Directions for this task: Pick every line out of the entries below that has the string "departures", and copy it.

Material for this task:
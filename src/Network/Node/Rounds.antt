-- ===== src/Network/Node/Rounds.antt =====
-- network/Node.cpp: connecting, and one round of each loop, which is its body; whether `running_`
-- holds is not asked, so there are more steps here than the loops make. What the operating system
-- answers comes as arguments: the chunks that arrive on a socket, how much of a message it takes, and
-- whether a `connect` succeeds.
use forgechain.Prelude.{
  ℕ, ◌-◌, Bool, true, false, not, ◌&&◌, ◌||◌, Option, none, some, List, [], ◌∷◌, ◌++◌, Bytes,
  bytes_eq, codes, length, ltb, leb, ◌==◌, if◌then◌else◌,
}
use forgechain.Prelude.Outcome.{Outcome, ok, ◌>>=◌}
use forgechain.Crypto.{OpenSsl}
use forgechain.Consensus.Difficulty.{Doubles}
use forgechain.Chain.Queries.{chain_height}
use forgechain.Network.Clock.{TimePoint}
use forgechain.Network.Socket.{Arrival, received, lost, waiting, Departure}
use forgechain.Network.Message
use forgechain.Network.Message.{Message, receive_message}
use forgechain.Network.Handshake.{VersionInfo, perform_handshake}
use forgechain.Network.PeerAddress.{PeerAddress}
use forgechain.Network.AddressBook
use forgechain.Network.AddressBook.{Inet, is_routable, select_candidate, mark_success, mark_failure}
use forgechain.Network.Node.State.{
  PeerPtr, Node, Delivery, new_peer, mark_dead, touch, sync_interval, gossip_interval,
  target_outbound_peers,
}
use forgechain.Network.Node.Peers.{
  already_connected, outbound_peer_count, settle_duplicate, remove_dead, sweep, send_peer_list,
  gossip_peers,
}
use forgechain.Network.Node.Sync.{
  start_sync_state, request_blocks, request_sync, finish_sync_if_due,
}
use forgechain.Network.Node.Handlers.{
  handle_inv, handle_getdata, handle_block, handle_tx, handle_getblocks, handle_ping, handle_peers,
}

-- A connected socket: what it answers during the handshake, and what `send_msg` returns for the
-- request for blocks.
pub record Connection : Type 0 where
  pub departures : List Departure
  pub arrivals : List Arrival
  pub request_sent : Bool

-- A call's answer, if it has one yet, with the node and the messages that were sent.
abbrev pub Answer : Type 0
Answer = Outcome (Option Bool × Node × List Delivery)

-- The version that is sent: the node's own, with the height of its chain.
abbrev pub current_info : Node → VersionInfo
current_info node = record node.info { chain_height = chain_height node.chain }

-- The new peer at the end of the heap and of the list.
unfoldable pub push_peer : TimePoint → Bytes → VersionInfo → Bool → Node → Node
push_peer now host incoming is_outbound node = record node {
  heap = node.heap ++ new_peer now host incoming ∷ [];
  peers = node.peers ++ record { peer = length node.heap; is_outbound = is_outbound } ∷ [];
}

module _ ⦃inet : Inet⦄ where
  -- The address book learns of an accepted peer.
  unfoldable pub book_peer : TimePoint → PeerAddress → Bool → Node → Node
  book_peer now a is_outbound node =
      let book = node.address_book in
      record node {
        address_book =
            if is_outbound
            then mark_success now a (AddressBook.add now a true book).1
            else (AddressBook.add now a (not (is_routable a)) book).1;
      }

  -- `register_new_peer` once a peer is in the list: gossip, and a synchronisation if it is ahead.
  unfoldable pub welcome :
      TimePoint → Bytes → VersionInfo → Bool → Bool → Node → Outcome (Node × List Delivery)
  unfolding book_peer
  welcome now host incoming is_outbound request_sent node =
      let p = length node.heap in
      let a : PeerAddress = record { host = host; port = incoming.listen_port } in
      let node' = book_peer now a is_outbound (push_peer now host incoming is_outbound node) in
      let gossip = send_peer_list p a node' in
      if ltb (chain_height node.chain) incoming.chain_height
      then (request_blocks request_sent p (start_sync_state now p node') >>= λ done.
          ok (done.0, gossip ++ done.1))
      else ok (node', gossip)

  -- `register_new_peer` after the handshake.
  unfoldable pub admit_peer : TimePoint → Bytes → VersionInfo → Bool → Bool → Node → Answer
  unfolding welcome
  admit_peer now host incoming is_outbound request_sent node =
      if node.info.node_id == incoming.node_id
      then ok (some false, node, [])
      else if node.stopping
      then ok (some false, node, [])
      else let settled = settle_duplicate host incoming is_outbound node in
        if settled.0
        then (welcome now host incoming is_outbound request_sent settled.1 >>= λ done.
            ok (some true, done.0, done.1))
        else ok (some false, settled.1, [])

  -- `none` for the socket stands for one that is not valid; an answer `none` for a handshake that is
  -- not over.
  unfoldable pub register_new_peer : TimePoint → Option Connection → Bytes → Bool → Node → Answer
  unfolding admit_peer
  register_new_peer now none host is_outbound node = ok (some false, node, [])
  register_new_peer now (some c) host is_outbound node =
      perform_handshake (current_info node) c.departures c.arrivals >>= λ answer. elim answer [
        | received incoming arrivals ↦ admit_peer now host incoming is_outbound c.request_sent node
        | lost ↦ ok (some false, node, [])
        | waiting ↦ ok (none, node, [])
      ]

  -- `none` for the host: `get_peer_ip` failed.
  unfoldable pub accept_one_peer : TimePoint → Option Connection → Option Bytes → Node → Answer
  unfolding register_new_peer
  accept_one_peer now socket none node = ok (some false, node, [])
  accept_one_peer now socket (some host) node = register_new_peer now socket host false node

  abbrev pub is_own_host : Bytes → Bool
  is_own_host host =
      bytes_eq host (codes "127.0.0.1")
      || bytes_eq host (codes "localhost")
      || bytes_eq host (codes "0.0.0.0")

  unfoldable pub connect_to_peer : TimePoint → Option Connection → Bytes → ℕ → Node → Answer
  unfolding register_new_peer
  connect_to_peer now socket host port node =
      if port == node.listen_port && is_own_host host
      then ok (some false, node, [])
      else if already_connected host port node
      then ok (some true, node, [])
      else register_new_peer now socket host true (record node {
        address_book =
            (AddressBook.add now (record { host = host; port = port }) true node.address_book).1;
      })

  abbrev pub report : TimePoint → PeerAddress → Bool → Node → Node
  report now a success node = record node {
    address_book =
        if success
        then mark_success now a node.address_book
        else mark_failure now a node.address_book;
  }

  -- The body of the connect loop for a candidate; the answer is whether the loop goes on.
  unfoldable pub dial : TimePoint → Option Connection → PeerAddress → Node → Answer
  dial now socket a node =
      if already_connected a.host a.port node
      then ok (some true, report now a (elim socket [ none ↦ false | some c ↦ true ]) node, [])
      else register_new_peer now socket a.host true node >>= λ answer. elim answer.0 [
        | none ↦ ok answer
        | some connected ↦ ok (some true, report now a connected answer.1, answer.2)
      ]

  unfoldable pub connect_step : TimePoint → Option Connection → Node → Answer
  unfolding dial
  connect_step now socket node =
      if leb target_outbound_peers (outbound_peer_count node)
      then ok (some false, node, [])
      else let found = select_candidate now node.address_book in
        let node' = record node { address_book = found.1 } in
        elim found.0 [ none ↦ ok (some false, node', []) | some a ↦ dial now socket a node' ]

module _ ⦃ssl : OpenSsl⦄ ⦃doubles : Doubles⦄ where
  -- A round of the cleaner.
  unfoldable pub clean : TimePoint → ℕ → Node → Outcome Node
  clean now date node = finish_sync_if_due now date (remove_dead node)

module _ ⦃inet : Inet⦄ where
  unfoldable pub sync_round : TimePoint → Bool → Node → Outcome (Node × List Delivery)
  sync_round now sent node =
      if leb sync_interval (now - node.last_sync)
      then (request_sync now sent node >>= λ asked.
          ok (record asked.0 { last_sync = now }, asked.1))
      else ok (node, [])

  -- A round of the ping loop, with the time of the last gossip.
  unfoldable pub ping :
      TimePoint → TimePoint → Bool → Node → Outcome (TimePoint × Node × List Delivery)
  unfolding sync_round
  ping now last_gossip sent node =
      let swept = sweep now node.peers node in
      sync_round now sent swept.1 >>= λ asked.
      let due = leb gossip_interval (now - last_gossip) in
      ok (
        if due then now else last_gossip,
        asked.0,
        swept.0 ++ asked.1 ++ (if due then gossip_peers asked.0 else []),
      )

-- `start`, once the listener listens.
abbrev pub start : Node → Node
start node = record node { running = true; stopping = false }

unfoldable pub stop : Node → Node
stop node = record node { running = false; stopping = true; peers = [] }

module _ ⦃ssl : OpenSsl⦄ ⦃doubles : Doubles⦄ ⦃inet : Inet⦄ where
  -- The switch of a peer's loop.
  unfoldable pub dispatch :
      TimePoint → ℕ → PeerPtr → Message → Node → Outcome (Node × List Delivery)
  dispatch now date p m node =
      if m.type == Message.inv
      then ok (node, handle_inv p m.payload node)
      else if m.type == Message.getdata
      then ok (node, handle_getdata p m.payload node)
      else if m.type == Message.block
      then handle_block now date p m.payload node
      else if m.type == Message.tx
      then handle_tx p m.payload node
      else if m.type == Message.getblocks
      then ok (node, handle_getblocks p m.payload node)
      else if m.type == Message.ping
      then ok (node, handle_ping p)
      else if m.type == Message.pong
      then ok (node, [])
      else if m.type == Message.peers
      then ok (handle_peers now p m.payload node, [])
      else ok (node, [])

  -- A round of a peer's loop; nothing happens while its message is not whole.
  unfoldable pub peer_round :
      TimePoint → ℕ → PeerPtr → List Arrival → Node → Outcome (Node × List Delivery)
  unfolding dispatch
  peer_round now date p arrivals node = elim (receive_message arrivals) [
    | received m left ↦ dispatch now date p m (touch now p node)
    | lost ↦ ok (mark_dead p node, [])
    | waiting ↦ ok (node, [])
  ]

Answer below:
  pub departures : List Departure
      perform_handshake (current_info node) c.departures c.arrivals >>= λ answer. elim answer [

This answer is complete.